1983’de Kırgızistan’da doğdum, 9 yaşına kadar orada kaldım. Ailem 100 yıl önce Ağrı Doğubeyazıt’tan Ermenistan’a oradan da Orta Asya’ya göç etmiş, 1993’de ise Sovyetler Birliği’nin dağılmasıyla Rusya’da Saratov’a göç etmek zorunda bırakıldık. Orada küçük bir köyde yaşamımızı yeniden kurduk diyebilirim, varlıklı bir aile iken birden yoksulluk içine düştük. Annem Gorçek Abdulayevna’dan bahsetmek istiyorum. Annem öğretmendi. Aynı zamanda bir sanatçının da kızıyım diyebilirim. Annem hayatı boyunca Kürt kültürüyle uğraştı. Rus dili öğretmeniydi. Annemden çok etkilendim. Gençlik yıllarında oda Rus klasiklerini söylemiş. Tabii bir de Kürt klasiklerinden de çok etkilendiğimi söylemek isterim. Çocukluğumda annemin yönlendirmeleri ile çok iyi bir eğitim almaya başlamıştım fakat göçten sonra taşındığımız köyde zar zor yaşamaya başladık. Küçük bir köy okulu vardı ve annem yine bir yolunu bulup öğretmenlik yapmaya başladı. Annem, her zaman benim en büyük şansım oldu. “Kızımın eğitimine devam etmesi gerekir” dedi ve yeniden arayışlara girdi. Ben annem için bir ışıktım… Sanat yaşamımı belirleyen şey çocukluğum oldu… 1997’de Kürt Kültür Merkezi (Navenda Çanda Hûnere) açıldı. O zaman yetenekli Kürt çocukları burada toplanıyordu. Ben de bu çocuklar arasındaydım. Annem beni buraya gönderdi. Orada özel eğitimlere başladım. Tiyatro, dans ve müzik eğitimi aldım. İlk olarak tiyatro eğitimini aldım. Tiyatroda hocalarım (Şalîko Bekes) sesimi keşfetti. Ondan sonra müzik yapmaya karar verdim, şarkı söylemeye başladım. Çok da hoşuma gitti şarkı söylemek. Müzik eğitimine yan flütle başladım. Yan flütü çalmayı çok sevmiyordum. Gitar çalmak istiyordum. O nedenle yan flütte kendimi geliştiremedim. Ardından saz ve tiyatro eğitimine devam ettim. Ailenin özgür çocuğuydum. Resim çizerdim. Resimlerimde hayal ettiğim hayatı çiziyordum. Çizdiğim resimleri annem saklamış, birçoğu hâlâ annemde yani.

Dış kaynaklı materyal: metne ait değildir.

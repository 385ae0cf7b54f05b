-- ===== src/Platform/Json.antt =====
-- What json.hpp documents of JSON objects: in an object that was built by assignments a member is
-- read back, and members do not disturb one another; what is printed without an exception, and what
-- was parsed, is read back as a value that the library's `==` takes for the same. A zero byte ends
-- the text that `parse` reads.
use high_performance_chatser.Prelude.{
  ℤ, Bool, true, false, Bytes, List, [], ◌∷◌, ◌++◌, Option, none, some, ◌≡◌, subst, eqb, All,
  bytes_eq, ◌==◌, if◌then◌else◌, Bool-cases, inl, inr, bytes_beq_iff,
}
use high_performance_chatser.Prelude.Decimal.{fmt_int}
use high_performance_chatser.Platform.{Platform}

-- What the program assigns to a member.
pub data Value : Type 0 where
  int_value : ℤ → Value
  string_value : Bytes → Value
  strings_value : List Bytes → Value

abbrev pub as_int : Option Value → Option ℤ
as_int (some (int_value i)) = some i
as_int _ = none

abbrev pub as_string : Option Value → Option Bytes
as_string (some (string_value s)) = some s
as_string _ = none

abbrev pub as_strings : Option Value → Option (List Bytes)
as_strings (some (strings_value ss)) = some ss
as_strings _ = none

abbrev pub is_there : Option Value → Bool
is_there none = false
is_there (some v) = true

-- The last assignment to a key.
abbrev pub last_of : Bytes → List (Bytes × Value) → Option Value → Option Value
last_of k [] o = o
last_of k ((k', v) ∷ fs) o = last_of k fs (if k' == k then some v else o)

module _ (P : Platform) where
  open P use {Json}

  -- `js[key] = value`
  abbrev pub set_value : Json → Bytes → Value → Json
  set_value j k (int_value i) = P.set_int j k i
  set_value j k (string_value s) = P.set_string j k s
  set_value j k (strings_value ss) = P.set_strings j k ss

  -- Assignments, from the first to the last.
  abbrev pub assign_all : Json → List (Bytes × Value) → Json
  assign_all j [] = j
  assign_all j ((k, v) ∷ fs) = assign_all (set_value j k v) fs

  abbrev pub object : List (Bytes × Value) → Json
  object fs = assign_all P.null fs

  -- What is found under one key.
  pub record Reads (j : Json) (k : Bytes) (o : Option Value) : Type 0 where
    pub int : P.get_int j k ≡ as_int o
    pub string : P.get_string j k ≡ as_string o
    pub strings : P.get_strings j k ≡ as_strings o
    pub there : P.contains j k ≡ is_there o
    pub text : (i : ℤ) → o ≡ some (int_value i) → P.member_text j k ≡ fmt_int i

  pub record JsonLaws : Type 1 where
    -- null, and the objects that assignments make of it
    pub IsBuilt : Json → Type 0
    pub null-IsBuilt : IsBuilt P.null
    pub set_value-IsBuilt :
        (j : Json) (k : Bytes) (v : Value) → IsBuilt j → IsBuilt (set_value j k v)
    pub parse-dump : (j : Json) → IsBuilt j → P.is_printable j ≡ true → P.parse (P.dump j) ≡ some j
    pub parse-dump_nul :
        (j : Json) (rest : Bytes)
        → IsBuilt j
        → P.is_printable j ≡ true
        → P.parse (P.dump j ++ 0 ∷ rest) ≡ some j
    pub parse-dump_parsed :
        (text : Bytes) (j : Json) → P.parse text ≡ some j → P.parse (P.dump j) ≡ some j
    pub parse-is_printable :
        (text : Bytes) (j : Json) → P.parse text ≡ some j → P.is_printable j ≡ true
    pub parse_empty : P.parse [] ≡ none
    pub dump_nonzero : (j : Json) → P.is_printable j ≡ true → All (λ c. eqb c 0 ≡ false) (P.dump j)
    pub reads_null : (k : Bytes) → Reads P.null k none
    pub reads_same :
        (j : Json) (k : Bytes) (v : Value) → IsBuilt j → Reads (set_value j k v) k (some v)
    pub reads_other :
        (j : Json) (k k' : Bytes) (v : Value) (o : Option Value)
        → IsBuilt j
        → (k == k') ≡ false
        → Reads j k' o
        → Reads (set_value j k v) k' o

module _ {P : Platform} (laws : JsonLaws P) where
  Reads-assign_all :
      (fs : List (Bytes × Value)) (j : P.Json) (k : Bytes) (o : Option Value)
      → laws.IsBuilt j
      → Reads P j k o
      → Reads P (assign_all P j fs) k (last_of k fs o)
  Reads-assign_all [] j k o b r = r
  Reads-assign_all ((k', v) ∷ fs) j k o b r =
      Reads-assign_all fs (set_value P j k' v) k _ (laws.set_value-IsBuilt j k' v b)
        (elim (Bool-cases (k' == k)) [
          | inl same ↦ rw same (
              subst (λ x. Reads P (set_value P j k' v) x (some v)) ((bytes_beq_iff k' k).0 same)
                (laws.reads_same j k' v b))
          | inr other ↦ rw other (laws.reads_other j k' k v o b other r)
        ])

  -- An object that was built by assignments has, under each key, the last value assigned to it.
  pub Reads-object :
      (fs : List (Bytes × Value)) (k : Bytes) → Reads P (object P fs) k (last_of k fs none)
  Reads-object fs k = Reads-assign_all fs P.null k none laws.null-IsBuilt (laws.reads_null k)

  assign_all-IsBuilt :
      (fs : List (Bytes × Value)) (j : P.Json) → laws.IsBuilt j → laws.IsBuilt (assign_all P j fs)
  assign_all-IsBuilt [] j b = b
  assign_all-IsBuilt ((k, v) ∷ fs) j b =
      assign_all-IsBuilt fs (set_value P j k v) (laws.set_value-IsBuilt j k v b)

  pub object-IsBuilt : (fs : List (Bytes × Value)) → laws.IsBuilt (object P fs)
  object-IsBuilt fs = assign_all-IsBuilt fs P.null laws.null-IsBuilt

Blues ve caz tarzında şarkılarınızı söylüyorsunuz. Dengbejlerin kilamları ile blues müziğinin arasında bir bağ kuruyor musunuz?

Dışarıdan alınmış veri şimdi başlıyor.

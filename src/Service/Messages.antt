-- ===== src/Service/Messages.antt =====
-- MsgType.h, and the handler map of `ChatService`.
use high_performance_chatser.Prelude.{
  ℤ, pos, [], Option, int_eq, bytes_eq, nat_eq, lookup, insert, Map,
}

-- `EnMsgType`
abbrev pub login_msg : ℤ
login_msg = pos 1

abbrev pub login_msg_ack : ℤ
login_msg_ack = pos 2

abbrev pub loginout_msg : ℤ
loginout_msg = pos 3

abbrev pub reg_msg : ℤ
reg_msg = pos 4

abbrev pub reg_msg_ack : ℤ
reg_msg_ack = pos 5

abbrev pub one_chat_msg : ℤ
one_chat_msg = pos 6

abbrev pub add_friend_msg : ℤ
add_friend_msg = pos 7

abbrev pub create_group_msg : ℤ
create_group_msg = pos 8

abbrev pub add_group_msg : ℤ
add_group_msg = pos 9

abbrev pub group_chat_msg : ℤ
group_chat_msg = pos 10

-- The member functions that `MsgHandlerMap` binds.
pub data Handler : Type 0 where
  login_h loginout_h reg_h one_chat_h add_friend_h create_group_h add_group_h group_chat_h : Handler

-- `MsgHandlerMap`, as the constructor fills it.
unfoldable pub msg_handler_map : Map ℤ Handler
unfolding insert
msg_handler_map = insert group_chat_msg group_chat_h (
    insert add_group_msg add_group_h (
      insert create_group_msg create_group_h (
        insert add_friend_msg add_friend_h (
          insert one_chat_msg one_chat_h (
            insert reg_msg reg_h (insert loginout_msg loginout_h (insert login_msg login_h [])))))))

-- `none` is the handler that prints "can not find handler".
unfoldable pub get_handler : ℤ → Option Handler
unfolding msg_handler_map lookup
get_handler msgid = lookup msgid msg_handler_map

Bana göre, bütün kültürler, müzikler birbirleriyle bağlantılıdır. Ya bir isyandan ya bir acıdan gelmiştir. Her halkın bir hikayesi var. Bizim de dengbejlerimiz var. Biz tabii ki de onlardan esinlenerek yapıyoruz şarkılarımızı. Şöyle bir yanlış anlaşılma oluyor. Caz müziğini söylüyorsam, sanki dengbejlikten değil başka bir müzikten esinlenmişim gibi algılanıyor. Bu çok yanlış. Sonuçta ben başka bir ülkede doğdum. Bütün kültürlerin etkisi var benim üzerimde… Ama ben bu etkiyi, Kürtçe ile ifade etmek istiyorum. Ve bundan da çok gurur duyuyorum. Dengbejlerle, klasiklikler, romans müziğiyle büyüdüm. Üçünü de birleştiriyorum. Üçünü de benim ana kaynağım. Müzikte milliyetçi olmak istemiyorum. Evrensel bakmak istiyorum. Çünkü müzik sınırsız bir şeydir. Dengbejlerin kilamlarını, klasiklerimizi, günümüze uyarlayarak insanlara sunmak gerekiyor. Kürtçede gün yüzüne çıkmamış milyonlarca şarkı var. Bunları araştırmalıyız.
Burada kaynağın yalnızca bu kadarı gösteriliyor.